WHAT IS NEEDED: Using the entries below, write out the line with "filename src/Accounts.antt", the line with "unfoldable pub is_method_supported : ℕ → Bool", and every line in between, exactly as each is written.

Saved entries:
........
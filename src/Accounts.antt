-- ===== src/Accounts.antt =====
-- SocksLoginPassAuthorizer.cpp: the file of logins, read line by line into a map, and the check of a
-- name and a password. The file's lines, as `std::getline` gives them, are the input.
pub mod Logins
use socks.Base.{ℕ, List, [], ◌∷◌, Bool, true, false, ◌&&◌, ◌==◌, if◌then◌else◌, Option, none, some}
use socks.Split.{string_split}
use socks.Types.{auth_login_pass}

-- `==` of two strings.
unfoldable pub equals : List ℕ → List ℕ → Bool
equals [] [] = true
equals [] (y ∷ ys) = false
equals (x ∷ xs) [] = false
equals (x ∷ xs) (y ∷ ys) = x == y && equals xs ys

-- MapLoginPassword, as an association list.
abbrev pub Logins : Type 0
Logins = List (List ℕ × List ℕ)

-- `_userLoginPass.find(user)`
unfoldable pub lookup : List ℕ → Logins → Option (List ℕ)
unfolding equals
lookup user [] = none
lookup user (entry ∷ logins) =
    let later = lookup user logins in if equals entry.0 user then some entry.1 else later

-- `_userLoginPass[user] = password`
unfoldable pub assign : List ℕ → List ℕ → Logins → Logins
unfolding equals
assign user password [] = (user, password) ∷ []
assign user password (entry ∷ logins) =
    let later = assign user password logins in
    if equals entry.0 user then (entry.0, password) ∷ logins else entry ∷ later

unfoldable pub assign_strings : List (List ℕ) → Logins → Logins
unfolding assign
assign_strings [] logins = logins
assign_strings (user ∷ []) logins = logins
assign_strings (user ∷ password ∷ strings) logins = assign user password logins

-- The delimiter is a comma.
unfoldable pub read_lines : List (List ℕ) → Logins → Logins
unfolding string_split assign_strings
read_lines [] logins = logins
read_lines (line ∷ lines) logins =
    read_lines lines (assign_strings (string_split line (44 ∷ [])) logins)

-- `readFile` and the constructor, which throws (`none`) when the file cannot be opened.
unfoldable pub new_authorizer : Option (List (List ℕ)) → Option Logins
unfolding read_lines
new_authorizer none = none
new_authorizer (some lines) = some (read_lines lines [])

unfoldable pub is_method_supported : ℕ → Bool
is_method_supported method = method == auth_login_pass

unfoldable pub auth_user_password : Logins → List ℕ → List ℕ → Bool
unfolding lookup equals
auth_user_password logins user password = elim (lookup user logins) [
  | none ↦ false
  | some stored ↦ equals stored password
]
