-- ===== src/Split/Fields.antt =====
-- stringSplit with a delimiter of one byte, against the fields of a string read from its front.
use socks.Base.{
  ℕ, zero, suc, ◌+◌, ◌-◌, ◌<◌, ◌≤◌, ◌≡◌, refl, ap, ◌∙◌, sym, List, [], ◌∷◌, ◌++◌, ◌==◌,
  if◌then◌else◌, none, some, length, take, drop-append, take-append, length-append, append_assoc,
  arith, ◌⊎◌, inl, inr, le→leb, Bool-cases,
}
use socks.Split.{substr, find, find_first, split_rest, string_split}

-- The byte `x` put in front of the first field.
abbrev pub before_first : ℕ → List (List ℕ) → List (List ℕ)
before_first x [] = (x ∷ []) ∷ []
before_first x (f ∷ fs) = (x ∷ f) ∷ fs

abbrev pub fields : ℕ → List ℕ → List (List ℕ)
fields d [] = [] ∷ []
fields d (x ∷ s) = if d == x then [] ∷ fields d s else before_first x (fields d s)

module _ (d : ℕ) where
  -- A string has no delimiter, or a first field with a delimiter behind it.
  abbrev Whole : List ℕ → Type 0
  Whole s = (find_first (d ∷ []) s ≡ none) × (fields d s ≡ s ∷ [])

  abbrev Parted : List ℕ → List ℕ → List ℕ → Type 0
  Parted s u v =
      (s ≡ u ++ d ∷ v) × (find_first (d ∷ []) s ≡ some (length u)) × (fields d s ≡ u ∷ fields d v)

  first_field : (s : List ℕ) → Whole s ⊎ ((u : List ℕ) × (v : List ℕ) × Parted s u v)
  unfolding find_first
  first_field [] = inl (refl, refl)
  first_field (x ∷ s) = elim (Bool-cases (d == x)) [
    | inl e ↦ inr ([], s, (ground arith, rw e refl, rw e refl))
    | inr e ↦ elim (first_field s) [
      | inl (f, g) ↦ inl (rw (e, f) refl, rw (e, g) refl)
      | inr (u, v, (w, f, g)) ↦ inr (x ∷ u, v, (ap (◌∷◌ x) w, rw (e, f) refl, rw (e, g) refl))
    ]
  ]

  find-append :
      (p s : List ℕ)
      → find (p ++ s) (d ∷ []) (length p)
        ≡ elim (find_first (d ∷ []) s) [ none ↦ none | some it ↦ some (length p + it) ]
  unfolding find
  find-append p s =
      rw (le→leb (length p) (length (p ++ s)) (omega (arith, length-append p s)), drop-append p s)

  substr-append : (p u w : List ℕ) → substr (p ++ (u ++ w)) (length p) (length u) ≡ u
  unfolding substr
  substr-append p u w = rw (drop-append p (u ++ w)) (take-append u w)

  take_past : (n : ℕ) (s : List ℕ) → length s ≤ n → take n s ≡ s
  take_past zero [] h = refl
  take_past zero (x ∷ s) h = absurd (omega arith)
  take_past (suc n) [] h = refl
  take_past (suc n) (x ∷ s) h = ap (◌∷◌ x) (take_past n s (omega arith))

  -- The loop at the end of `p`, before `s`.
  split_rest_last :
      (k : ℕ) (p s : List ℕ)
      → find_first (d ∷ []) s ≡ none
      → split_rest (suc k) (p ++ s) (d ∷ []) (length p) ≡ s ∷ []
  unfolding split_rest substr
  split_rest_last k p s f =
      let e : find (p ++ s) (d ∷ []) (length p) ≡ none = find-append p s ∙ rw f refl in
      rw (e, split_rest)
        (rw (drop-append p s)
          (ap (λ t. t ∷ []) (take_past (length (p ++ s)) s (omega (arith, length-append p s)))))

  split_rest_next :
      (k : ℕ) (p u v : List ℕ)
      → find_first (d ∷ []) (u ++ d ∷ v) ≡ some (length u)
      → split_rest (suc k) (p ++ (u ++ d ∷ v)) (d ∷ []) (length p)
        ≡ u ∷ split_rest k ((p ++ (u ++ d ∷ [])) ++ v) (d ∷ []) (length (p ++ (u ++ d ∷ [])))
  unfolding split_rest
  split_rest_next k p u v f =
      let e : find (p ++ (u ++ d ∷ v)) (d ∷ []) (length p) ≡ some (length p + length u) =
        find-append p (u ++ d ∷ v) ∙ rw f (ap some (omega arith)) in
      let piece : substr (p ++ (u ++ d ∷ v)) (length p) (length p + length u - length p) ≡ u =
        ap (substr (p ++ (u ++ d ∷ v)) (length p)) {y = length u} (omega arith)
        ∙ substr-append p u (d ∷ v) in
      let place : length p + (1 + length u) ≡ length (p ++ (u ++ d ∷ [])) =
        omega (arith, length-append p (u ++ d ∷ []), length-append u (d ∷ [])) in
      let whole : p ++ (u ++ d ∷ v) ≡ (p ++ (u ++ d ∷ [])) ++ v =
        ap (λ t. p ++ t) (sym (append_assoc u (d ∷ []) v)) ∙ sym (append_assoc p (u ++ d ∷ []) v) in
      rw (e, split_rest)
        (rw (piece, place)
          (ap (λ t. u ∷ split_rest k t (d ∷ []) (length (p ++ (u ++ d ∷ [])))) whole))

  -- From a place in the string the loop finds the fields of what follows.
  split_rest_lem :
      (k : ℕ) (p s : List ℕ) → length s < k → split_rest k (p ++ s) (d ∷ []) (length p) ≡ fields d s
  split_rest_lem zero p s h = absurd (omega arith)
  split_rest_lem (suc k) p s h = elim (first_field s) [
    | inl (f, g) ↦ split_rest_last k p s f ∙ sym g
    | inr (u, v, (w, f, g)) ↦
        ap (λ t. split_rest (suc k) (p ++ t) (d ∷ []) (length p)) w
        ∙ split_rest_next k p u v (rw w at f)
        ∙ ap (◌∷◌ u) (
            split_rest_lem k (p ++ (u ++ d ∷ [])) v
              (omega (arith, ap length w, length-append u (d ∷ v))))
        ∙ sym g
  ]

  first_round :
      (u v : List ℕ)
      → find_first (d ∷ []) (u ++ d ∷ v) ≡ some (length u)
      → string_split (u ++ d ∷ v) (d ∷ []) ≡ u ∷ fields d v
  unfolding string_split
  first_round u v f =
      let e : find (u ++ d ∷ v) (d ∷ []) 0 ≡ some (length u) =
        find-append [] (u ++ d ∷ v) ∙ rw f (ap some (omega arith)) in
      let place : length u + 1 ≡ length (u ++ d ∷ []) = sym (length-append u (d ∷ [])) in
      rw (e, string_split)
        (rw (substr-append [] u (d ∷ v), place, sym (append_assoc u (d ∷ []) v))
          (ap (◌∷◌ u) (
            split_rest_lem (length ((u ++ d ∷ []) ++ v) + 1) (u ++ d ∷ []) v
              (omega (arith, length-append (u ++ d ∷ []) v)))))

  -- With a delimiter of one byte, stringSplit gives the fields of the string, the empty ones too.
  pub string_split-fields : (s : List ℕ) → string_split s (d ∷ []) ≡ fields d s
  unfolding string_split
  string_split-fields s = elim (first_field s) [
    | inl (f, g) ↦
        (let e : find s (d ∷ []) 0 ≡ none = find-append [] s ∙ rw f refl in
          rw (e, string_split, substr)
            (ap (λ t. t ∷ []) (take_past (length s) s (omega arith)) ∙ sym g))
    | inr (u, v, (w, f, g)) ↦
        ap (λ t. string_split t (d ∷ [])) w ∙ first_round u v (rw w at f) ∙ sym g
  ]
........
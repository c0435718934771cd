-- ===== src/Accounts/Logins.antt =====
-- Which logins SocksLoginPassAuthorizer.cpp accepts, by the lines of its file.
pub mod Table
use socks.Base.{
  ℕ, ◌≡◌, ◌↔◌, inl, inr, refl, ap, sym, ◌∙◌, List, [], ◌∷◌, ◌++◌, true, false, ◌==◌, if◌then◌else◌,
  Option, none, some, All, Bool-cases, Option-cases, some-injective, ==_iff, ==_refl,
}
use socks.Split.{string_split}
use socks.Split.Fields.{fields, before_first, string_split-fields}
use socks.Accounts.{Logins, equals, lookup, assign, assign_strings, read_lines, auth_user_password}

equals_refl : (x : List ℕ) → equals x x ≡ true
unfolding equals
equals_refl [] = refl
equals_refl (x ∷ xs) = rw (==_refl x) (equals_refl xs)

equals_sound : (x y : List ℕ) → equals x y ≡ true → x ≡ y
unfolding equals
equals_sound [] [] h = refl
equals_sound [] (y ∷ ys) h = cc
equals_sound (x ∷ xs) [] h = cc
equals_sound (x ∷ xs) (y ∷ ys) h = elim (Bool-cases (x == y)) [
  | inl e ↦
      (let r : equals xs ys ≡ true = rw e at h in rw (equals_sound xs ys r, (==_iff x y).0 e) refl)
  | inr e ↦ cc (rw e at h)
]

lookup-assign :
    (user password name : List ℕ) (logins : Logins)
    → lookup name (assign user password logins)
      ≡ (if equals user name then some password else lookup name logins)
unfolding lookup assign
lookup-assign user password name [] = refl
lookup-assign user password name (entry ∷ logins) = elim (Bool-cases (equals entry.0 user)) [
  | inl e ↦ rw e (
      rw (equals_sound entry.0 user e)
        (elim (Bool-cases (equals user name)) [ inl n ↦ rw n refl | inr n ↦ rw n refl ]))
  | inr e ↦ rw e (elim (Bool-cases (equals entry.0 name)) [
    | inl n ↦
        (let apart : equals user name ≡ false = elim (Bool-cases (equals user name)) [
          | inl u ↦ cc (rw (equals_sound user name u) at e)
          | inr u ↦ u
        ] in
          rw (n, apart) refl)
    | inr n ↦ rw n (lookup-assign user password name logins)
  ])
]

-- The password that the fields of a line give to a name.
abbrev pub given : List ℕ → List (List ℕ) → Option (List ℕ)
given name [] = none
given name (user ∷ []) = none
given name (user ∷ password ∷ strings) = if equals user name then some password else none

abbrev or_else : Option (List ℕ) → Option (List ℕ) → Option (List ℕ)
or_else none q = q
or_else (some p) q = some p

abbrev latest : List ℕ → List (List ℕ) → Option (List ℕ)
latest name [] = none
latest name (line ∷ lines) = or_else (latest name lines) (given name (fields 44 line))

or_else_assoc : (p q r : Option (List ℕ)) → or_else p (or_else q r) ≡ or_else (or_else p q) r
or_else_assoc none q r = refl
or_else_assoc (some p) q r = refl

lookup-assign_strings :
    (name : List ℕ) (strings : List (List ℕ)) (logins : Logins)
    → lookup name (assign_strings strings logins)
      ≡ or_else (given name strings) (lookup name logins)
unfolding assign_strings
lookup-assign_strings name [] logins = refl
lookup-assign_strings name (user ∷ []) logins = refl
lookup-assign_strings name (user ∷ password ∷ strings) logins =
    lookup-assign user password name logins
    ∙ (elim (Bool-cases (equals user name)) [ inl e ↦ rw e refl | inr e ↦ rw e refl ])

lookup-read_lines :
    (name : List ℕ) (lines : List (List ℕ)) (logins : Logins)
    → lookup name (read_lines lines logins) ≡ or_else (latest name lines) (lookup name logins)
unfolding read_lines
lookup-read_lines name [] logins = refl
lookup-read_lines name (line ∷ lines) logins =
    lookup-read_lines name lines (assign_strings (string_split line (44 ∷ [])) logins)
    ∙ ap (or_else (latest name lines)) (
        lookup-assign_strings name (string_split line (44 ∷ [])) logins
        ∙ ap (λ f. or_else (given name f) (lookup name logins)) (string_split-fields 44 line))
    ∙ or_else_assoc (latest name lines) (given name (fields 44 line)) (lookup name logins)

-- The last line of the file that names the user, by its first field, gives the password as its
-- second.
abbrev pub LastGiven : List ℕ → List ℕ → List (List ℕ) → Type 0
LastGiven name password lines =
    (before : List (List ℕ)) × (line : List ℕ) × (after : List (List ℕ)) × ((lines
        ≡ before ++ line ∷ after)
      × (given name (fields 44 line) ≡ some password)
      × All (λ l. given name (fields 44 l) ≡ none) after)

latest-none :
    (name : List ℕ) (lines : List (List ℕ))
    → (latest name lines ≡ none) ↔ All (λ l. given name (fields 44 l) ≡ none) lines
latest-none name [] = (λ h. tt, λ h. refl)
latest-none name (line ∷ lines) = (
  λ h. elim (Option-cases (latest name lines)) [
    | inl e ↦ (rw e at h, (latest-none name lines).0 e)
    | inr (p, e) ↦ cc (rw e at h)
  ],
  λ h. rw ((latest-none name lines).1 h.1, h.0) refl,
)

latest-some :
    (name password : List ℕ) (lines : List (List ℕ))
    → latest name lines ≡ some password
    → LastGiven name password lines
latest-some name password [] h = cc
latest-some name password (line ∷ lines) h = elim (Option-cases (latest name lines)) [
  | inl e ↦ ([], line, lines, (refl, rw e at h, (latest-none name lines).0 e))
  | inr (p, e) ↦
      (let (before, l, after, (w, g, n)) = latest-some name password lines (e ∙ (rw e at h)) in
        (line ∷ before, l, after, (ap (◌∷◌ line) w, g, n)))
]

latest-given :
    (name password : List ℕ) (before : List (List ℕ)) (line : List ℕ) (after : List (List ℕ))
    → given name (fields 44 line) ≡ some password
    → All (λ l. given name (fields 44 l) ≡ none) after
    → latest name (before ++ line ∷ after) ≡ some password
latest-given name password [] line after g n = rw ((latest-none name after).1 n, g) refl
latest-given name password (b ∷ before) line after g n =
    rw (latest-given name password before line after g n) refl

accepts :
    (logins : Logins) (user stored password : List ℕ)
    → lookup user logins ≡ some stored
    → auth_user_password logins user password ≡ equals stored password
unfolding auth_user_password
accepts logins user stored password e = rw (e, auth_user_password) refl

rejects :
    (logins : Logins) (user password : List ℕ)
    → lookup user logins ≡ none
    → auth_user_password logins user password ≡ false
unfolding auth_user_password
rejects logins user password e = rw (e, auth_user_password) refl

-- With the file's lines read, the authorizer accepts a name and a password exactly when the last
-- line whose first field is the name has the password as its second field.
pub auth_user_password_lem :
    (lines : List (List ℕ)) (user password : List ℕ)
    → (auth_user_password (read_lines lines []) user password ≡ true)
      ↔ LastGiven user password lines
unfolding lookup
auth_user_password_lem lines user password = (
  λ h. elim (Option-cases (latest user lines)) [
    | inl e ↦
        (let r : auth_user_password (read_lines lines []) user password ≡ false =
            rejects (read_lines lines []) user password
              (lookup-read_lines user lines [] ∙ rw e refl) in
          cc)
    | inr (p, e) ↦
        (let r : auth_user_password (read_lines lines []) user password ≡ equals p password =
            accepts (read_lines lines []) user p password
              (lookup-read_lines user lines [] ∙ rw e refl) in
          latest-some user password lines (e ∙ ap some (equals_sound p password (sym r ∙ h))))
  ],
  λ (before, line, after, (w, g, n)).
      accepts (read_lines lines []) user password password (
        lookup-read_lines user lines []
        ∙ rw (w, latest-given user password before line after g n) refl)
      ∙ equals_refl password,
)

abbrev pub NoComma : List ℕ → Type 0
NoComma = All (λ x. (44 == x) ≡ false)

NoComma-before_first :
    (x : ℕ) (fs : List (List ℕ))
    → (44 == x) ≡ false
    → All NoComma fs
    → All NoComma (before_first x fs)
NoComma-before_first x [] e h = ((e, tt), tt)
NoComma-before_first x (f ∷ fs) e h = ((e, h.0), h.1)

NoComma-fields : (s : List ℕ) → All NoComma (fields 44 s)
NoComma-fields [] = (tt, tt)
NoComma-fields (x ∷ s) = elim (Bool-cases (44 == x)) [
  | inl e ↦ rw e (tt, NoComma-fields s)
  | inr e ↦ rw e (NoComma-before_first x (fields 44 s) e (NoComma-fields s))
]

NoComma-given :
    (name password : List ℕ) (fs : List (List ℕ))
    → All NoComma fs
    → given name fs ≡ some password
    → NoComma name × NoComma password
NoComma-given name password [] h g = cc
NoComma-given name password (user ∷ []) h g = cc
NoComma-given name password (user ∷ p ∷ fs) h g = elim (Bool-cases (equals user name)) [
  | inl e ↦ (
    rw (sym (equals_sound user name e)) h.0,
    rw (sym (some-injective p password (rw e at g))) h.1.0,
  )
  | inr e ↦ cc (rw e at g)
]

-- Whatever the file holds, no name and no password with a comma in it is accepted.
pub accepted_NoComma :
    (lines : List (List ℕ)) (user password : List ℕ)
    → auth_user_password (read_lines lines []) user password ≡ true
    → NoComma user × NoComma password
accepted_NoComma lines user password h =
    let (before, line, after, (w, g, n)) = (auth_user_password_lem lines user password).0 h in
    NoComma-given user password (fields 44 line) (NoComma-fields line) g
........
PROBLEM SOLUTION:
filename src/Accounts.antt
-- ===== src/Accounts.antt =====
-- SocksLoginPassAuthorizer.cpp: the file of logins, read line by line into a map, and the check of a
-- name and a password. The file's lines, as `std::getline` gives them, are the input.
pub mod Logins
use socks.Base.{ℕ, List, [], ◌∷◌, Bool, true, false, ◌&&◌, ◌==◌, if◌then◌else◌, Option, none, some}
use socks.Split.{string_split}
use socks.Types.{auth_login_pass}

-- `==` of two strings.
unfoldable pub equals : List ℕ → List ℕ → Bool
equals [] [] = true
equals [] (y ∷ ys) = false
equals (x ∷ xs) [] = false
equals (x ∷ xs) (y ∷ ys) = x == y && equals xs ys

-- MapLoginPassword, as an association list.
abbrev pub Logins : Type 0
Logins = List (List ℕ × List ℕ)

-- `_userLoginPass.find(user)`
unfoldable pub lookup : List ℕ → Logins → Option (List ℕ)
unfolding equals
lookup user [] = none
lookup user (entry ∷ logins) =
    let later = lookup user logins in if equals entry.0 user then some entry.1 else later

-- `_userLoginPass[user] = password`
unfoldable pub assign : List ℕ → List ℕ → Logins → Logins
unfolding equals
assign user password [] = (user, password) ∷ []
assign user password (entry ∷ logins) =
    let later = assign user password logins in
    if equals entry.0 user then (entry.0, password) ∷ logins else entry ∷ later

unfoldable pub assign_strings : List (List ℕ) → Logins → Logins
unfolding assign
assign_strings [] logins = logins
assign_strings (user ∷ []) logins = logins
assign_strings (user ∷ password ∷ strings) logins = assign user password logins

-- The delimiter is a comma.
unfoldable pub read_lines : List (List ℕ) → Logins → Logins
unfolding string_split assign_strings
read_lines [] logins = logins
read_lines (line ∷ lines) logins =
    read_lines lines (assign_strings (string_split line (44 ∷ [])) logins)

-- `readFile` and the constructor, which throws (`none`) when the file cannot be opened.
unfoldable pub new_authorizer : Option (List (List ℕ)) → Option Logins
unfolding read_lines
new_authorizer none = none
new_authorizer (some lines) = some (read_lines lines [])

unfoldable pub is_method_supported : ℕ → Bool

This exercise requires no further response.